The results came quickly. When the system detected that medicine was being wasted early in the campaign, supervisors responded immediately with targeted training. Waste dropped in the following days.

Digital Tools Help Mozambique Reach More Kids With Malaria Care

Digital records also matched independent household surveys more closely than paper records ever did, suggesting the old system had over-reported coverage. Real-time data meant teams could see what was working and adjust on the spot instead of waiting weeks for results.

The Ripple Effect

The success is already spreading. SALAMA first launched in 2023 for mosquito net distribution campaigns and quickly expanded to malaria prevention.

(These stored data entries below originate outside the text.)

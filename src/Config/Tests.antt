-- ===== src/Config/Tests.antt =====
-- A configuration file of four lines.
use libnetpaxos.Prelude.{ℕ, ◌≡◌, refl, List, [], ◌∷◌, ◌++◌, some, returned}
use libnetpaxos.Prelude.Int.{pos}
use libnetpaxos.Config.{Config, init_conf}
use libnetpaxos.Config.Parse.{
  atoi, decimal, in_int, key_comment, key_maxinst, key_num_acceptors, key_vlen, parse_conf,
  parse_line, parse_lines, scan, set_int, skip, word,
}
use libnetpaxos.Config.Parse.Settings.{last_int, parse_conf-last_int}

-- "MAXINST 10", "// VLEN 7", "MAXINST  25" and "NUM_ACCEPTORS 3".
abbrev lines : List (List ℕ)
lines =
    (key_maxinst ++ 32 ∷ 49 ∷ 48 ∷ 10 ∷ [])
    ∷ (key_comment ++ 32 ∷ key_vlen ++ 32 ∷ 55 ∷ 10 ∷ [])
    ∷ (key_maxinst ++ 32 ∷ 32 ∷ 50 ∷ 53 ∷ 10 ∷ [])
    ∷ (key_num_acceptors ++ 32 ∷ 51 ∷ 10 ∷ [])
    ∷ []

abbrev read : Config
read = record init_conf { maxinst = pos 25; num_acceptors = pos 3 }

parsed : parse_conf (some lines) ≡ returned read
unfolding atoi decimal in_int parse_conf parse_line parse_lines scan set_int skip word
parsed = refl

parse_conf-last_int_example :
    (last_int key_maxinst lines (pos 0) ≡ returned (pos 25))
    × (last_int key_vlen lines (pos 0) ≡ returned (pos 0))
    × (last_int key_num_acceptors lines (pos 0) ≡ returned (pos 3))
parse_conf-last_int_example = parse_conf-last_int lines parsed
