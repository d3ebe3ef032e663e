-- ===== src/Coordinator.antt =====
-- lib/include/coordinator.h and lib/src/coordinator.c: the coordinator stamps each message with the
-- next instance number and passes it on to the acceptors.
pub mod Order
pub mod Start
mod Tests
use libnetpaxos.Prelude.{ℕ, suc, ◌-◌, ◌%◌, ◌^◌, Option, some, none, List, [], ◌++◌, replicate}
use libnetpaxos.Prelude.{length, take, drop, ltb, if◌then◌else◌, Outcome, returned, fault, ◌>>=◌}
use libnetpaxos.Config.{Config}
use libnetpaxos.Message.{swap32}
use libnetpaxos.Message.Bytes.{le32}
use libnetpaxos.Datagram.{init_rawsock, receive_into, send_datagram}

-- `sizeof(Message)`.
abbrev pub message_size : ℕ
message_size = 60

-- `CoordinatorCtx`, without its sockets; the addresses and the buffers are their bytes.
pub record CoordinatorCtx : Type 0 where
  pub conf : Config
  pub cur_inst : ℕ
  pub dest : List ℕ
  pub mine : List ℕ
  pub msg_in : List ℕ
  pub datagram : List ℕ

-- `coordinator_new` and the part of `start_coordinator` that sets up the buffer to send, for the
-- addresses of the acceptor and of the socket. Nothing initialises `msg_in`.
unfoldable pub coordinator_new : Config → List ℕ → List ℕ → List ℕ → Outcome CoordinatorCtx
coordinator_new conf dest mine msg_in = do
  datagram ← init_rawsock mine dest
  returned (record {
    conf = conf;
    cur_inst = 0;
    dest = dest;
    mine = mine;
    msg_in = msg_in;
    datagram = datagram;
  })

-- `int *inst = (int *)ctx->msg_in; *inst = htonl(ctx->cur_inst);`
unfoldable pub stamp : ℕ → List ℕ → List ℕ
stamp cur_inst msg = le32 (swap32 (cur_inst % 2 ^ 32)) ++ drop 4 msg

-- `ctx->cur_inst++` on an `int`.
unfoldable pub next_inst : ℕ → Outcome ℕ
next_inst n = if ltb n (2 ^ 31 - 1) then returned (suc n) else fault

-- The context afterwards, and the bytes given to `sendto`, if it is called.
abbrev pub Acted : Type 0
Acted = CoordinatorCtx × Option (List ℕ)

-- `on_value`. The first argument is the datagram that `recvfrom` delivers, `none` for its error.
unfoldable pub on_value : Option (List ℕ) → CoordinatorCtx → Outcome Acted
unfolding next_inst
on_value none ctx = returned (ctx, none)
on_value (some bytes) ctx = do
  let msg = stamp ctx.cur_inst (receive_into ctx.msg_in bytes)
  (datagram, sent) ← send_datagram ctx.datagram msg
  cur_inst ← next_inst ctx.cur_inst
  returned (record ctx { msg_in = msg; datagram = datagram; cur_inst = cur_inst }, some sent)
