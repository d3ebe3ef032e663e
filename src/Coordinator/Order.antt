-- ===== src/Coordinator/Order.antt =====
-- The coordinator passes a message on unchanged but for its instance, the next number in order.
use mathlib.Core.List.{append-nil}
use libnetpaxos.Prelude.{ℕ, suc, ◌-◌, ◌%◌, ◌^◌, ◌<◌, ◌≡◌, refl, arith, ap, sym, ◌∙◌, some, none}
use libnetpaxos.Prelude.{
  List, [], ◌++◌, length, take, drop, take_all, drop_all, returned, fault, false, lt→ltb, ltb,
}
use libnetpaxos.Config.{Config}
use libnetpaxos.Message.{Message, swap32}
use libnetpaxos.Message.Wire.{IsMessage, swap32-lt}
use libnetpaxos.Message.Bytes.{to_bytes, from_bytes, from_bytes-to_bytes, length-to_bytes}
use libnetpaxos.Datagram.{receive_into}
use libnetpaxos.Datagram.Fields.{IsReady}
use libnetpaxos.Datagram.Fresh.{init_rawsock-IsReady}
use libnetpaxos.Datagram.Sending.{send_datagram-IsSent}
use libnetpaxos.Coordinator.{CoordinatorCtx, coordinator_new, stamp, on_value}

-- A coordinator that can handle a message.
pub record IsRunning (ctx : CoordinatorCtx) : Type 0 where
  pub ready : IsReady ctx.datagram
  pub buffer : length ctx.msg_in ≡ 60

-- The message with the next instance number, in network order.
abbrev pub ordered : ℕ → Message → Message
ordered n m = record m { inst = swap32 (n % 2 ^ 32) }

stamp-to_bytes : (n : ℕ) (m : Message) → stamp n (to_bytes m) ≡ to_bytes (ordered n m)
unfolding stamp to_bytes
stamp-to_bytes n m = refl

-- A datagram of the size of the buffer fills it.
receive_into_full :
    (buf bytes : List ℕ) → length bytes ≡ length buf → receive_into buf bytes ≡ bytes
unfolding receive_into
receive_into_full buf bytes e =
    let whole : take (length buf) bytes ≡ bytes = ap (λ n. take n bytes) (sym e) ∙ take_all bytes in
    let rest : drop (length (take (length buf) bytes)) buf ≡ [] =
      ap (λ l. drop (length l) buf) whole ∙ ap (λ n. drop n buf) e ∙ drop_all buf in
    ap (λ l. take (length buf) bytes ++ l) rest ∙ append-nil (take (length buf) bytes) ∙ whole

pub ordered-IsMessage : (n : ℕ) {m : Message} → IsMessage m → IsMessage (ordered n m)
ordered-IsMessage n {m} v = record {
  inst_fits = swap32-lt (n % 2 ^ 32);
  rnd_fits = v.rnd_fits;
  vrnd_fits = v.vrnd_fits;
  acptid_fits = v.acptid_fits;
  msgtype_fits = v.msgtype_fits;
  value_size = v.value_size;
  client_size = v.client_size;
}

-- What handling the message `m` did.
pub record IsOrdered (ctx : CoordinatorCtx) (m : Message) (ctx' : CoordinatorCtx) (sent : List ℕ)
    : Type 0 where
  pub running : IsRunning ctx'
  pub counted : ctx'.cur_inst ≡ suc ctx.cur_inst
  pub total : length sent ≡ 88
  pub payload : from_bytes (drop 28 sent) ≡ some (ordered ctx.cur_inst m)

-- A running coordinator that has numbers left and receives the image of a message does nothing
-- undefined: it sends a datagram of 88 bytes whose payload is the same message with the current
-- instance number in network order, it moves to the next number, and it goes on running.
pub on_value-IsOrdered :
    (ctx : CoordinatorCtx) {m : Message}
    → IsRunning ctx
    → IsMessage m
    → ctx.cur_inst < 2 ^ 31 - 1
    → (ctx' : CoordinatorCtx) × (sent : List ℕ) × (on_value (some (to_bytes m)) ctx
        ≡ returned (ctx', some sent))
      × IsOrdered ctx m ctx' sent
unfolding on_value
on_value-IsOrdered ctx {m} run v left =
    let stamped : Message = ordered ctx.cur_inst m in
    let ok : IsMessage (ordered ctx.cur_inst m) = ordered-IsMessage ctx.cur_inst v in
    let same : stamp ctx.cur_inst (receive_into ctx.msg_in (to_bytes m))
        ≡ to_bytes (ordered ctx.cur_inst m) =
      ap (stamp ctx.cur_inst)
        (receive_into_full ctx.msg_in (to_bytes m) (length-to_bytes v ∙ sym run.buffer))
      ∙ stamp-to_bytes ctx.cur_inst m in
    let (buf, sent, e, s) =
      send_datagram-IsSent ctx.datagram (to_bytes stamped) run.ready
        (omega (arith, length-to_bytes ok)) in
    (
      record ctx { msg_in = to_bytes stamped; datagram = buf; cur_inst = suc ctx.cur_inst },
      sent,
      rw (same, e, lt→ltb _ _ left),
      record {
        running = record { ready = s.ready; buffer = length-to_bytes ok };
        counted = refl;
        total = omega (arith, s.total, length-to_bytes ok);
        payload = ap from_bytes s.payload ∙ from_bytes-to_bytes ok;
      },
    )

-- With no number left, the increment is undefined.
pub on_value_exhausted :
    (ctx : CoordinatorCtx) {m : Message}
    → IsRunning ctx
    → IsMessage m
    → ¬ (ctx.cur_inst < 2 ^ 31 - 1)
    → on_value (some (to_bytes m)) ctx ≡ fault
unfolding on_value
on_value_exhausted ctx {m} run v none_left =
    let stamped : Message = ordered ctx.cur_inst m in
    let ok : IsMessage (ordered ctx.cur_inst m) = ordered-IsMessage ctx.cur_inst v in
    let same : stamp ctx.cur_inst (receive_into ctx.msg_in (to_bytes m))
        ≡ to_bytes (ordered ctx.cur_inst m) =
      ap (stamp ctx.cur_inst)
        (receive_into_full ctx.msg_in (to_bytes m) (length-to_bytes v ∙ sym run.buffer))
      ∙ stamp-to_bytes ctx.cur_inst m in
    let (buf, sent, e, s) =
      send_datagram-IsSent ctx.datagram (to_bytes stamped) run.ready
        (omega (arith, length-to_bytes ok)) in
    let past : ltb ctx.cur_inst (2 ^ 31 - 1) ≡ false = ground arith in rw (same, e, past)

-- A failed `recvfrom` changes nothing and sends nothing.
on_value-none : (ctx : CoordinatorCtx) → on_value none ctx ≡ returned (ctx, none)
unfolding on_value
on_value-none ctx = refl

-- With two socket addresses and a buffer of 60 bytes a new coordinator runs, at instance 0.
pub coordinator_new-IsRunning :
    (conf : Config) (dest mine msg_in : List ℕ)
    → length dest ≡ 16
    → length mine ≡ 16
    → length msg_in ≡ 60
    → (ctx : CoordinatorCtx) × (coordinator_new conf dest mine msg_in ≡ returned ctx)
      × IsRunning ctx
      × (ctx.cur_inst ≡ 0)
unfolding coordinator_new
coordinator_new-IsRunning conf dest mine msg_in sd sm sb =
    let (b, e, ready) = init_rawsock-IsReady mine dest sm sd in
    (
      record { conf = conf; cur_inst = 0; dest = dest; mine = mine; msg_in = msg_in; datagram = b },
      rw e,
      record { ready = ready; buffer = sb },
      refl,
    )
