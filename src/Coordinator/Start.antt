-- ===== src/Coordinator/Start.antt =====
-- lib/src/coordinator.c: `start_coordinator`.
use libnetpaxos.Prelude.{
  ℕ, ◌≡◌, refl, Option, some, none, List, [], ◌∷◌, ◌++◌, Option-cases, inl, inr, length,
}
use libnetpaxos.Config.{Config}
use libnetpaxos.Host.{
  Host, Call, Boot, ◌>>=◌, ◌>>◌, pure, lift, call, watch, watch_signal, dispatch, sigint, sigterm,
  socket_name, open_socket, datagram, raw,
}
use libnetpaxos.Host.Ended.{Ended, done, Ended-bind}
use libnetpaxos.Sockets.{
  create_server_socket, create_rawsock, join_if_multicast, name_or_exit, peer_addr,
}
use libnetpaxos.Sockets.Opening.{setup_calls, create_server_socket-Ended, name-Ended}
use libnetpaxos.Sockets.Peer.{
  IsHost, peer_image, peer_addr_lem, length-peer_image, join_if_multicast-Ended, joins,
  create_rawsock-Ended,
}
use libnetpaxos.Coordinator.{CoordinatorCtx, coordinator_new}
use libnetpaxos.Coordinator.Order.{IsRunning, coordinator_new-IsRunning}

-- The context, and the sockets that `CoordinatorCtx` leaves out.
pub record Started : Type 0 where
  pub ctx : CoordinatorCtx
  pub sock : ℕ
  pub rawsock : ℕ

-- The rest of `start_coordinator` when the address of the acceptor is known, up to and with the loop
-- of events. `msg_in` is what the memory for the message holds.
unfoldable pub serve : Host → Config → List ℕ → List ℕ → Boot (Option Started)
serve h conf dest msg_in = do
  listen_socket ← create_server_socket h conf.coordinator_port
  join_if_multicast h conf.coordinator_addr listen_socket
  mine ← name_or_exit h listen_socket
  rawsock ← create_rawsock h
  ctx ← lift (coordinator_new conf dest mine msg_in)
  call (watch listen_socket)
  call (watch_signal sigterm)
  call (watch_signal sigint)
  call dispatch
  pure (some (record { ctx = ctx; sock = listen_socket; rawsock = rawsock }))

-- `start_coordinator`; `none` is EXIT_FAILURE.
unfoldable pub start_coordinator : Host → Config → List ℕ → Boot (Option Started)
start_coordinator h conf msg_in = elim (h.gethostbyname conf.acceptor_addr) [
  | none ↦ pure none
  | some server ↦ lift (peer_addr server conf.acceptor_port) >>= λ dest. serve h conf dest msg_in
]

-- What a start that serves has done.
pub record IsServing (h : Host) (conf : Config) (s : Started) (calls : List Call) : Type 0 where
  pub running : IsRunning s.ctx
  pub first : s.ctx.cur_inst ≡ 0
  pub sockets : (h.socket datagram ≡ some s.sock) × (h.socket raw ≡ some s.rawsock)
  pub made :
      calls
      ≡ open_socket datagram ∷ setup_calls conf.coordinator_port s.sock
        ++ (joins h conf.coordinator_addr s.sock
            ++ (socket_name s.sock
                ∷ open_socket raw
                ∷ watch s.sock
                ∷ watch_signal sigterm
                ∷ watch_signal sigint
                ∷ dispatch
                ∷ []))

abbrev pub Outcomes : Host → Config → Option Started → List Call → Type 0
Outcomes h conf none calls = h.gethostbyname conf.acceptor_addr ≡ none
Outcomes h conf (some s) calls = IsServing h conf s calls

-- On a system as documented, and with 60 bytes for a message, the start of a coordinator exits at the
-- first call that fails, or all its calls work, and it reports a failure because the acceptor's name is not known, or serves: with
-- a context that can order messages, from instance 0 on, on the socket that it bound to its own
-- port, after joining its group if its address is a multicast address. It does nothing undefined.
pub start_coordinator-Ended :
    (h : Host) (conf : Config) (msg_in : List ℕ)
    → IsHost h
    → length msg_in ≡ 60
    → Ended h (Outcomes h conf) (start_coordinator h conf msg_in)
unfolding start_coordinator serve
start_coordinator-Ended h conf msg_in ok room =
    elim (Option-cases (h.gethostbyname conf.acceptor_addr)) [
      | inl unknown ↦ rw (unknown, start_coordinator) (done none [] tt unknown)
      | inr (server, known) ↦
          rw
            (
              known,
              start_coordinator,
              peer_addr_lem server conf.acceptor_port (ok.found_size _ server known),
            )
            (serves server (ok.found_size _ server known))
    ]
  where
    serves :
        (server : List ℕ)
        → length server ≡ 4
        → Ended h (Outcomes h conf) (serve h conf (peer_image server conf.acceptor_port) msg_in)
    serves server size =
        Ended-bind _ (create_server_socket-Ended h conf.coordinator_port) λ fd calls (is, e).
          Ended-bind _ (join_if_multicast-Ended h conf.coordinator_addr fd) λ _ more e'.
            Ended-bind _ (name-Ended h fd) λ mine none_made (name, e'').
              Ended-bind _ (create_rawsock-Ended h) λ rawsock opened (is_raw, e3).
                let (ctx, new, running, first) =
                  coordinator_new-IsRunning conf (peer_image server conf.acceptor_port) mine msg_in
                    (length-peer_image server conf.acceptor_port size) (ok.name_size fd mine name)
                    room in
                rw new (
                  done _ _ (tt, (tt, (tt, (tt, tt))))
                    (record {
                      sockets = (is, is_raw);
                      running = running;
                      first = first;
                      made = rw (e, e', e'', e3) refl;
                    }))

Now a second digital platform called upSCALE is being tested in Zambezia province, where 53 percent of children haven't received their first vaccine dose. Community health workers will use it to find unvaccinated children in remote areas and connect them to immunization services.

The researchers were honest about challenges. Phone batteries died quickly, internet connections failed in remote villages, and some workers needed extra digital literacy support. The lesson: digital tools only work when they're designed for the real conditions frontline workers face.

Maria Rodrigues, Country Director of Malaria Consortium Mozambique, put it simply: digital health can extend the reach of lifesaving interventions, but only with thoughtful evaluation and local adaptation.

The upSCALE platform has matured so much that Mozambique's health system now owns and runs it locally, modeling what sustainable digital health innovation looks like when countries lead their own solutions.